Enrichissement des lipoprotéines bactériennes et préparation des Lipopeptides N-terminal pour la détermination de structure par spectrométrie de masse

L’enrichissement des lipoprotéines bactériennes à l’aide d’une phase de surfactant non ionique, méthode de partitionnement est décrite pour une utilisation directe dans des essais de TLR ou d’autres applications. D’autres mesures sont détaillées pour préparer des N-terminal lipopeptides tryptique pour la caractérisation structurale par spectrométrie de masse.

L’objectif global de cette procédure est d’extraire des lipoprotéines de cellules bactériennes pour des applications directes et de préparer davantage les lipopeptides N-terminaux pour l’analyse structurale par spectrométrie de masse MALDI-TOF. Cette méthode peut aider à répondre à des questions clés dans le domaine de l’immunologie, car la structure N-terminale des lipoprotéines influence la reconnaissance et la signalisation des récepteurs de type Toll, ce qui a un impact sur la réponse immunitaire de l’hôte.
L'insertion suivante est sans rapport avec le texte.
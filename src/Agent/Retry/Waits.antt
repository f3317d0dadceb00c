-- ===== src/Agent/Retry/Waits.antt =====
-- chipchamp/agent/retry.py: which calls are not tried again, and how long the others wait.
use chipchamp.Prelude.{
  ℕ, ◌+◌, ◌*◌, min, ◌≤◌, ◌≡◌, refl, sym, ap, subst, ◌∙◌, Bool, true, false, ◌&&◌, ◌||◌, Option,
  none, some, leb, ltb, ◌==◌, inl, inr, ◌⊎◌, arith, if◌then◌else◌,
}
use native.Mathlib.Nat.{mul-le-mul_left}
use chipchamp.Text.{Text, lower}
use chipchamp.Agent.Retry.{
  Reason, Fault, Failure, Header, absent, unreadable, milliseconds, never_codes, retry_codes, among,
  glitch_400, connection_of, status_code, by_code, classify, concluded, asked, cause_asks, wait,
  retry_after, backoff,
}

-- the tests of `by_code` on a client's error
retried :
    (never retry bad client odd : Bool) (r s t u v : Reason) (m : Bool × Reason)
    → client ≡ true
    → (if never
        then (false, r)
        else if retry
        then (true, s)
        else if bad
        then (if odd then (true, t) else (false, u))
        else if client
        then (false, v)
        else m).0
      ≡ true
    → (retry || bad && odd) ≡ true
retried true retry bad client odd r s t u v m c h = cc
retried false true bad client odd r s t u v m c h = refl
retried false false true client true r s t u v m c h = refl
retried false false true client false r s t u v m c h = cc
retried false false false true odd r s t u v m c h = cc
retried false false false false odd r s t u v m c h = cc

by_code-client :
    (f : Fault) (c : ℕ)
    → leb 400 c && ltb c 500 ≡ true
    → (by_code f (some c)).0 ≡ true
    → (among c retry_codes || c == 400 && glitch_400 (lower f.message)) ≡ true
unfolding by_code
by_code-client f c client h =
    retried (among c never_codes) (among c retry_codes) (c == 400) (leb 400 c && ltb c 500)
      (glitch_400 (lower f.message)) _ _ _ _ _ _ client h

later_asked :
    (late : Bool) (conn : Option Text) (later : Bool × Reason)
    → conn ≡ none
    → (concluded late conn later).0 ≡ true
    → later.0 ≡ true
later_asked true conn later q h = cc
later_asked false none later q h = h
later_asked false (some n) later q h = cc

-- A call whose exceptions are of no connection, and that the service answered with a client's error (400
-- to 499), is tried again only if its code is one of 408, 409, 425 and 429, or it is 400 and the
-- text tells of a sampling glitch.
pub classify-client_error :
    (e : Failure) (c : ℕ)
    → connection_of e ≡ none
    → status_code e ≡ some c
    → leb 400 c && ltb c 500 ≡ true
    → (classify e).0 ≡ true
    → (among c retry_codes || c == 400 && glitch_400 (lower e.fault.message)) ≡ true
unfolding classify
classify-client_error e c quiet code client h = by_code-client e.fault c client (
    ap (λ o. (by_code e.fault o).0) (sym code)
    ∙ later_asked e.fault.timed_out (connection_of e) (by_code e.fault (status_code e)) quiet h)

-- The failure has a header with a wait of that many milliseconds: its own, or its cause's if it has
-- none.
pub data Asks (e : Failure) (ms : ℕ) : Type 0 where
  itself : e.fault.header ≡ milliseconds ms → Asks e ms
  its_cause :
      (f : Fault)
      → e.fault.header ≡ absent
      → e.cause ≡ some f
      → f.header ≡ milliseconds ms
      → Asks e ms

-- A header asks for the answer, or none asks for a wait and there is no answer.
abbrev Honours : Failure → Option ℕ → Type 0
Honours e o =
    ((ms : ℕ) × Asks e ms × (o ≡ some (min 60000 ms))) ⊎ (((ms : ℕ) → Asks e ms → ⊥) × (o ≡ none))

own_header :
    (e : Failure)
    → (e.fault.header ≡ absent → ⊥)
    → {ms : ℕ} → Asks e ms
    → e.fault.header ≡ milliseconds ms
own_header e n (itself q) = q
own_header e n (its_cause f a c q) = absurd (n a)

header_of_cause :
    (e : Failure) (ms : ℕ)
    → e.fault.header ≡ absent
    → Asks e ms
    → (f : Fault) × (e.cause ≡ some f) × (f.header ≡ milliseconds ms)
header_of_cause e ms a (itself q) = cc
header_of_cause e ms a (its_cause f _ c q) = (f, c, q)

asked-Honours :
    (e : Failure) (f : Fault) (h : Header)
    → e.fault.header ≡ absent
    → e.cause ≡ some f
    → f.header ≡ h
    → Honours e (asked h none)
asked-Honours e f (milliseconds ms) a c q = inl (ms, its_cause f a c q, refl)
asked-Honours e f absent a c q = inr (λ ms k. let (g, d, r) = header_of_cause e ms a k in cc, refl)
asked-Honours e f unreadable a c q =
    inr (λ ms k. let (g, d, r) = header_of_cause e ms a k in cc, refl)

cause_asks-Honours :
    (e : Failure) (o : Option Fault)
    → e.fault.header ≡ absent
    → e.cause ≡ o
    → Honours e (cause_asks o)
cause_asks-Honours e none a c = inr (λ ms k. let (g, d, r) = header_of_cause e ms a k in cc, refl)
cause_asks-Honours e (some f) a c = asked-Honours e f f.header a c refl

retry_after-Honours : (e : Failure) → Honours e (retry_after e)
unfolding retry_after
retry_after-Honours e = go e.fault.header refl
  where
    go : (h : Header) → e.fault.header ≡ h → Honours e (asked h (cause_asks e.cause))
    go (milliseconds ms) q = inl (ms, itself q, refl)
    go absent q = cause_asks-Honours e e.cause q refl
    go unreadable q = inr (λ ms k. let r = own_header e (λ a. cc) k in cc, refl)

wait-Honours :
    (e : Failure) (o : Option ℕ) (linear jitter : ℕ)
    → jitter ≤ 1000
    → Honours e o
    → ((ms : ℕ) × Asks e ms × (wait o linear jitter ≡ 2000 * min 60000 ms))
      ⊎ (((ms : ℕ) → Asks e ms → ⊥)
          × (linear * 2000 ≤ wait o linear jitter)
          × (wait o linear jitter ≤ linear * 3000))
wait-Honours e o linear jitter j (inl (ms, a, q)) = inl (ms, a, ap (λ w. wait w linear jitter) q)
wait-Honours e o linear jitter j (inr (n, q)) =
    subst
      (λ w.
        ((ms : ℕ) × Asks e ms × (wait w linear jitter ≡ 2000 * min 60000 ms))
        ⊎ (((ms : ℕ) → Asks e ms → ⊥)
            × (linear * 2000 ≤ wait w linear jitter)
            × (wait w linear jitter ≤ linear * 3000)))
      (sym q) (inr (n, mul-le-mul_left linear (omega arith), mul-le-mul_left linear (omega arith)))

-- If a header of the failure, or else of its cause, asks for a wait, that is the wait, but at most a
-- minute; if none does, the wait stands between the linear back-off and one and a half times that.
pub backoff-within :
    (e : Failure) (attempt base jitter : ℕ)
    → jitter ≤ 1000
    → ((ms : ℕ) × Asks e ms × (backoff e attempt base jitter ≡ 2000 * min 60000 ms))
      ⊎ (((ms : ℕ) → Asks e ms → ⊥)
          × (base * (attempt + 1) * 2000 ≤ backoff e attempt base jitter)
          × (backoff e attempt base jitter ≤ base * (attempt + 1) * 3000))
unfolding backoff
backoff-within e attempt base jitter j =
    wait-Honours e (retry_after e) (base * (attempt + 1)) jitter j (retry_after-Honours e)
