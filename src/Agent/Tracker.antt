-- ===== src/Agent/Tracker.antt =====
-- chipchamp/agent/runstate.py: `VerificationTracker`. A check keeps what the decisions read, not
-- its number of errors; the teachings keep what their texts name. Epochs count up from 0, and the
-- `green_epoch` of -1 is `none`.
pub mod Green
use chipchamp.Prelude.{
  ℕ, ◌+◌, Bool, true, false, not, ◌&&◌, ◌||◌, Option, none, some, List, [], ◌∷◌, ◌++◌, ltb, ◌==◌,
  if◌then◌else◌,
}
use chipchamp.Text.{Text, codes, text_eq, is_empty, all, any}

-- a tool and its scope
abbrev pub Key : Type 0
Key = Text × Text

abbrev pub key_eq : Key → Key → Bool
key_eq k l = text_eq k.0 l.0 && text_eq k.1 l.1

pub record Check : Type 0 where
  pub job : Text
  pub passed : Bool
  pub epoch : ℕ
  pub rank : ℕ
  pub scope : Text
  pub tool : Text

pub data Kind : Type 0 where
  redo gap : Kind

abbrev kind_eq : Kind → Kind → Bool
kind_eq redo redo = true
kind_eq gap gap = true
kind_eq _ _ = false

abbrev pub Taught : Type 0
Taught = Key × (ℕ × Kind)

abbrev taught_eq : Taught → Taught → Bool
taught_eq a b = key_eq a.0 b.0 && (a.1.0 == b.1.0) && kind_eq a.1.1 b.1.1

pub record VerificationTracker : Type 0 where
  pub checks : List (Key × Check)
  pub green_epoch : Option ℕ
  pub green_job : Text
  pub fails_since_green : ℕ
  pub checkpoint_taught : Bool
  pub scope_taught : List Taught

abbrev pub new_tracker : VerificationTracker
new_tracker = record {
  checks = [];
  green_epoch = none;
  green_job = [];
  fails_since_green = 0;
  checkpoint_taught = false;
  scope_taught = [];
}

-- the fields of a tool's result that `observe` reads
pub record CheckResult : Type 0 where
  pub status : Text
  pub sim_status : Text
  pub job : Text

pub data Teaching : Type 0 where
  scope_redo : Check → Teaching
  scope_gap : Check → Teaching

unfoldable pub find_check : Key → List (Key × Check) → Option Check
find_check k [] = none
find_check k ((l, c) ∷ cs) = if key_eq l k then some c else find_check k cs

unfoldable pub put_check : Key → Check → List (Key × Check) → List (Key × Check)
put_check k c [] = (k, c) ∷ []
put_check k c ((l, d) ∷ cs) =
    let rest = put_check k c cs in if key_eq l k then (l, c) ∷ cs else (l, d) ∷ rest

-- the checks that ran on an epoch
unfoldable pub on_epoch : ℕ → List (Key × Check) → List Check
on_epoch e [] = []
on_epoch e ((k, c) ∷ cs) = let rest = on_epoch e cs in if c.epoch == e then c ∷ rest else rest

unfoldable pub current : VerificationTracker → ℕ → List Check
current t e = on_epoch e t.checks

abbrev pub epoch_is : Option ℕ → ℕ → Bool
epoch_is none e = false
epoch_is (some g) e = g == e

unfoldable pub is_green : VerificationTracker → ℕ → Bool
is_green t e = not (is_empty t.green_job) && epoch_is t.green_epoch e

-- `max(cs, key=rank)`: the first of the highest
unfoldable pub strongest_from : Check → List Check → Check
strongest_from best [] = best
strongest_from best (c ∷ cs) = strongest_from (if ltb best.rank c.rank then c else best) cs

abbrev pub strongest : List Check → Option Check
strongest [] = none
strongest (c ∷ cs) = some (strongest_from c cs)

unfoldable pub weaker : ℕ → List Check → List Check
weaker r [] = []
weaker r (c ∷ cs) = let rest = weaker r cs in if c.passed && ltb c.rank r then c ∷ rest else rest

abbrev pub passes : CheckResult → Bool
passes r = text_eq r.status (codes "passed") || text_eq r.sim_status (codes "pass")

abbrev pub fails : CheckResult → Bool
fails r = text_eq r.status (codes "failed") || text_eq r.status (codes "error")

abbrev pub was_taught : Taught → VerificationTracker → Bool
was_taught a t = any (λ b. taught_eq a b) t.scope_taught

-- what a run that passes does: the job of the green checkpoint, if it has one, for `on_green`
abbrev pub checkpoint : VerificationTracker → ℕ → Option Check → VerificationTracker × Option Text
checkpoint t e none = (t, none)
checkpoint t e (some best) =
    let job = if is_empty best.job then t.green_job else best.job in
    (
      record t {
        green_job = job;
        green_epoch = some e;
        fails_since_green = 0;
        checkpoint_taught = false;
      },
      if is_empty best.job then none else some best.job,
    )

unfoldable pub after_pass : VerificationTracker → ℕ → VerificationTracker × Option Text
after_pass t e =
    let cur = current t e in
    if all (λ c. c.passed) cur then checkpoint t e (strongest cur) else (t, none)

abbrev pub gap_of :
    VerificationTracker → Taught → Option Check → VerificationTracker × List Teaching
gap_of t a none = (t, [])
gap_of t a (some w) =
    if was_taught a t
    then (t, [])
    else (record t { scope_taught = a ∷ t.scope_taught }, scope_gap w ∷ [])

unfoldable pub after_fail : VerificationTracker → Key → ℕ → ℕ → VerificationTracker × List Teaching
after_fail t k rank e =
    let red = record t { fails_since_green = t.fails_since_green + 1; green_epoch = none } in
    gap_of red (k, (e, gap)) (strongest (weaker rank (current t e)))

abbrev pub redo_of :
    VerificationTracker → Taught → Option Check → VerificationTracker × List Teaching
redo_of t a none = (t, [])
redo_of t a (some prev) =
    if (prev.epoch == a.1.0) && not (was_taught a t)
    then (record t { scope_taught = a ∷ t.scope_taught }, scope_redo prev ∷ [])
    else (t, [])

-- The tracker afterwards, the teachings, and the job that `on_green` is called with.
abbrev pub Observed : Type 0
Observed = VerificationTracker × (List Teaching × Option Text)

abbrev conclude : Bool → VerificationTracker → List Teaching → Key → ℕ → ℕ → Observed
conclude true t out k rank e = let (u, green) = after_pass t e in (u, (out, green))
conclude false t out k rank e = let (u, more) = after_fail t k rank e in (u, (out ++ more, none))

unfoldable pub observe : VerificationTracker → Text → Key → Text → ℕ → CheckResult → ℕ → Observed
unfolding after_pass after_fail
observe t tool key scope rank result epoch =
    let (u, out) = redo_of t (key, (epoch, redo)) (find_check key t.checks) in
    let check : Check = record {
      job = result.job;
      passed = passes result;
      epoch = epoch;
      rank = rank;
      scope = scope;
      tool = tool;
    } in
    if not (passes result || fails result)
    then (t, ([], none))
    else conclude (passes result) (record u { checks = put_check key check u.checks }) out key rank
        epoch
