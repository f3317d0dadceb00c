-- ===== src/Agent/Tracker/Green.antt =====
-- chipchamp/agent/runstate.py: what it means that the tracker calls the tree green.
use chipchamp.Prelude.{
  ℕ, ◌≡◌, refl, true, false, not, ◌&&◌, Option, none, some, List, [], ◌∷◌, ◌==◌, arith, Bool-cases,
  inl, inr, and_parts,
}
use chipchamp.Text.{Text, all, is_empty}
use mathlib.Core.Bool.{false≢true}
use chipchamp.Agent.Tracker.{
  gap, Taught, gap_of, redo_of, redo, was_taught, find_check, fails, weaker, Key, key_eq, Check,
  VerificationTracker, new_tracker, CheckResult, put_check, on_epoch, current, epoch_is, is_green,
  after_pass, after_fail, observe, passes, checkpoint, strongest,
}

-- Every check that ran on the green epoch passed.
abbrev AllGreen : Option ℕ → List (Key × Check) → Type 0
AllGreen g [] = Unit
AllGreen g ((k, c) ∷ cs) = (epoch_is g c.epoch ≡ true → c.passed ≡ true) × AllGreen g cs

put-AllGreen :
    (g : Option ℕ) (k : Key) (c : Check) (cs : List (Key × Check))
    → (epoch_is g c.epoch ≡ true → c.passed ≡ true)
    → AllGreen g cs
    → AllGreen g (put_check k c cs)
unfolding put_check
put-AllGreen g k c [] p h = (p, tt)
put-AllGreen g k c ((l, d) ∷ cs) p h = elim (Bool-cases (key_eq l k)) [
  | inl e ↦ rw e (p, h.1)
  | inr e ↦ rw e (h.0, put-AllGreen g k c cs p h.1)
]

all-AllGreen :
    (e : ℕ) (cs : List (Key × Check))
    → all (λ c. c.passed) (on_epoch e cs) ≡ true
    → AllGreen (some e) cs
unfolding on_epoch
all-AllGreen e [] h = tt
all-AllGreen e ((k, c) ∷ cs) h = elim (Bool-cases (c.epoch == e)) [
  | inl s ↦ let (p, rest) = and_parts c.passed _ (rw s at h) in (λ g. p, all-AllGreen e cs rest)
  | inr s ↦ (λ g. absurd (apart e c.epoch g s), all-AllGreen e cs (rw s at h))
]
  where
    apart : (a b : ℕ) → (a == b) ≡ true → (b == a) ≡ false → ⊥
    apart a b g s = ground arith

none-AllGreen : (cs : List (Key × Check)) → AllGreen none cs
none-AllGreen [] = tt
none-AllGreen ((k, c) ∷ cs) = (λ h. absurd (false≢true h), none-AllGreen cs)

AllGreen-all :
    (e : ℕ) (cs : List (Key × Check)) (g : Option ℕ)
    → epoch_is g e ≡ true
    → AllGreen g cs
    → all (λ c. c.passed) (on_epoch e cs) ≡ true
unfolding on_epoch
AllGreen-all e [] g s h = refl
AllGreen-all e ((k, c) ∷ cs) g s h = elim (Bool-cases (c.epoch == e)) [
  | inl q ↦ rw q (rw (h.0 (here g c.epoch e s q)) (AllGreen-all e cs g s h.1))
  | inr q ↦ rw q (AllGreen-all e cs g s h.1)
]
  where
    here : (o : Option ℕ) (a b : ℕ) → epoch_is o b ≡ true → (a == b) ≡ true → epoch_is o a ≡ true
    here none a b t q = cc
    here (some n) a b t q = ground arith

Kept : VerificationTracker → Type 0
Kept t = AllGreen t.green_epoch t.checks

checkpoint-Kept :
    (t : VerificationTracker) (e : ℕ) (o : Option Check)
    → all (λ c. c.passed) (on_epoch e t.checks) ≡ true
    → Kept t
    → Kept (checkpoint t e o).0
unfolding Kept
checkpoint-Kept t e none a h = h
checkpoint-Kept t e (some best) a h = all-AllGreen e t.checks a

after_pass-Kept : (t : VerificationTracker) (e : ℕ) → Kept t → Kept (after_pass t e).0
unfolding after_pass current
after_pass-Kept t e h = elim (Bool-cases (all (λ c. c.passed) (on_epoch e t.checks))) [
  | inl a ↦ rw a (checkpoint-Kept t e (strongest (on_epoch e t.checks)) a h)
  | inr a ↦ rw a h
]

gap_of-Kept :
    (t : VerificationTracker) (a : Taught) (o : Option Check) → Kept t → Kept (gap_of t a o).0
unfolding Kept
gap_of-Kept t a none h = h
gap_of-Kept t a (some w) h = elim (Bool-cases (was_taught a t)) [ inl e ↦ rw e h | inr e ↦ rw e h ]

redo_of-Kept :
    (t : VerificationTracker) (a : Taught) (o : Option Check) → Kept t → Kept (redo_of t a o).0
unfolding Kept
redo_of-Kept t a none h = h
redo_of-Kept t a (some prev) h = elim (Bool-cases ((prev.epoch == a.1.0) && not (was_taught a t))) [
  | inl e ↦ rw e h
  | inr e ↦ rw e h
]

red-Kept : (t : VerificationTracker) → t.green_epoch ≡ none → Kept t
unfolding Kept
red-Kept t h = rw h (none-AllGreen t.checks)

after_fail-Kept : (t : VerificationTracker) (k : Key) (r e : ℕ) → Kept (after_fail t k r e).0
unfolding after_fail
after_fail-Kept t k r e =
    gap_of-Kept _ (k, (e, gap)) (strongest (weaker r (current t e))) (red-Kept _ refl)

put-Kept :
    (t : VerificationTracker) (k : Key) (c : Check)
    → c.passed ≡ true
    → Kept t
    → Kept (record t { checks = put_check k c t.checks })
unfolding Kept
put-Kept t k c p h = put-AllGreen t.green_epoch k c t.checks (λ g. p) h

observe-Kept :
    (t : VerificationTracker) (tool : Text) (k : Key) (scope : Text) (rank : ℕ) (r : CheckResult)
    (e : ℕ)
    → Kept t
    → Kept (observe t tool k scope rank r e).0
unfolding observe
observe-Kept t tool k scope rank r e h =
    let kept = redo_of-Kept t (k, (e, redo)) (find_check k t.checks) h in
    elim (Bool-cases (passes r)) [
      | inl p ↦ rw p (after_pass-Kept _ e (put-Kept _ k _ refl kept))
      | inr p ↦ rw p (elim (Bool-cases (fails r)) [
        | inl f ↦ rw f (after_fail-Kept _ k rank e)
        | inr f ↦ rw f h
      ])
    ]

-- one check that the loop reports
pub record Observation : Type 0 where
  pub tool : Text
  pub key : Key
  pub scope : Text
  pub rank : ℕ
  pub result : CheckResult
  pub epoch : ℕ

unfoldable pub observe_all : VerificationTracker → List Observation → VerificationTracker
observe_all t [] = t
observe_all t (o ∷ os) = observe_all (observe t o.tool o.key o.scope o.rank o.result o.epoch).0 os

observe_all-Kept :
    (t : VerificationTracker) (os : List Observation) → Kept t → Kept (observe_all t os)
unfolding observe_all
observe_all-Kept t [] h = h
observe_all-Kept t (o ∷ os) h =
    observe_all-Kept (observe t o.tool o.key o.scope o.rank o.result o.epoch).0 os
      (observe-Kept t o.tool o.key o.scope o.rank o.result o.epoch h)

green_all :
    (t : VerificationTracker) (e : ℕ)
    → Kept t
    → is_green t e ≡ true
    → all (λ c. c.passed) (current t e) ≡ true
unfolding Kept is_green current
green_all t e k h =
    AllGreen-all e t.checks t.green_epoch (and_parts (not (is_empty t.green_job)) _ h).1 k

-- Whatever checks were reported, in whatever order and on whatever epochs: if the tracker calls
-- the tree of an epoch green, then every check on record for that epoch passed.
pub is_green-all :
    (os : List Observation) (e : ℕ)
    → is_green (observe_all new_tracker os) e ≡ true
    → all (λ c. c.passed) (current (observe_all new_tracker os) e) ≡ true
is_green-all os e h =
    green_all (observe_all new_tracker os) e
      (observe_all-Kept new_tracker os (red-Kept new_tracker refl)) h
L’avantage unique de cette technique est la formation facultative mais intentionnelle d’adduits sodiques, ce qui favorise la fragmentation vers l’ion déhydroalanyl diagnostique, aidant à l’attribution structurelle de l’état d’acylation de la lipoprotéine.

Cultivez des bactéries dans 15 millilitres de bouillon de soja tryptique ou un milieu riche similaire jusqu’à la fin de la phase exponentielle. Récoltez les cellules par centrifugation avant de les laver une fois avec de l’EDTA ou du TBSE salin tamponné au Tris. remettre en suspension les cellules dans 800 microlitres de TBSE avec un PMSF millimolaire et 0,5 milligramme par millilitre de lysozyme.

Transférez la solution dans un tube de microcentrifugation fileté de 2,0 millilitres avec bouchon à vis et joint torique avant d’incuber pendant 20 minutes à 37 degrés Celsius. Ajoutez environ 800 microlitres de billes de silice de zircone de 0,1 millimètre dans le tube, puis perturbez les cellules en les secouant à vitesse maximale sur un homogénéisateur pendant cinq cycles de 30 secondes chacun avec un repos de deux minutes sur de la glace entre chaque cycle. Centrifugez l’échantillon à 3 000 fois g pendant cinq minutes à quatre degrés Celsius pour obtenir des billes de pastilles et des cellules intactes.

Transférez le surnageant dans un nouveau tube de microcentrifugation de 2,0 millilitres, puis conservez-le sur de la glace. Ajoutez 200 microlitres de TBSE au granulé restant et retournez-le à l’homogénéisateur pour un cycle supplémentaire. Centrifugez comme précédemment et combinez le surnageant avec le surnageant précédent.

Compléter le surnageant avec le tensioactif TX-114 jusqu’à une concentration finale de 2 % en ajoutant un volume égal de tensioactif à 4 % dans du TBSE glacé. Incuber le surnageant supplémenté sur de la glace pendant une heure, en le mélangeant par inversion toutes les 15 minutes. Transférez le tube dans un bain-marie à 37 degrés Celsius et incubez pendant 10 minutes pour induire la séparation de phase.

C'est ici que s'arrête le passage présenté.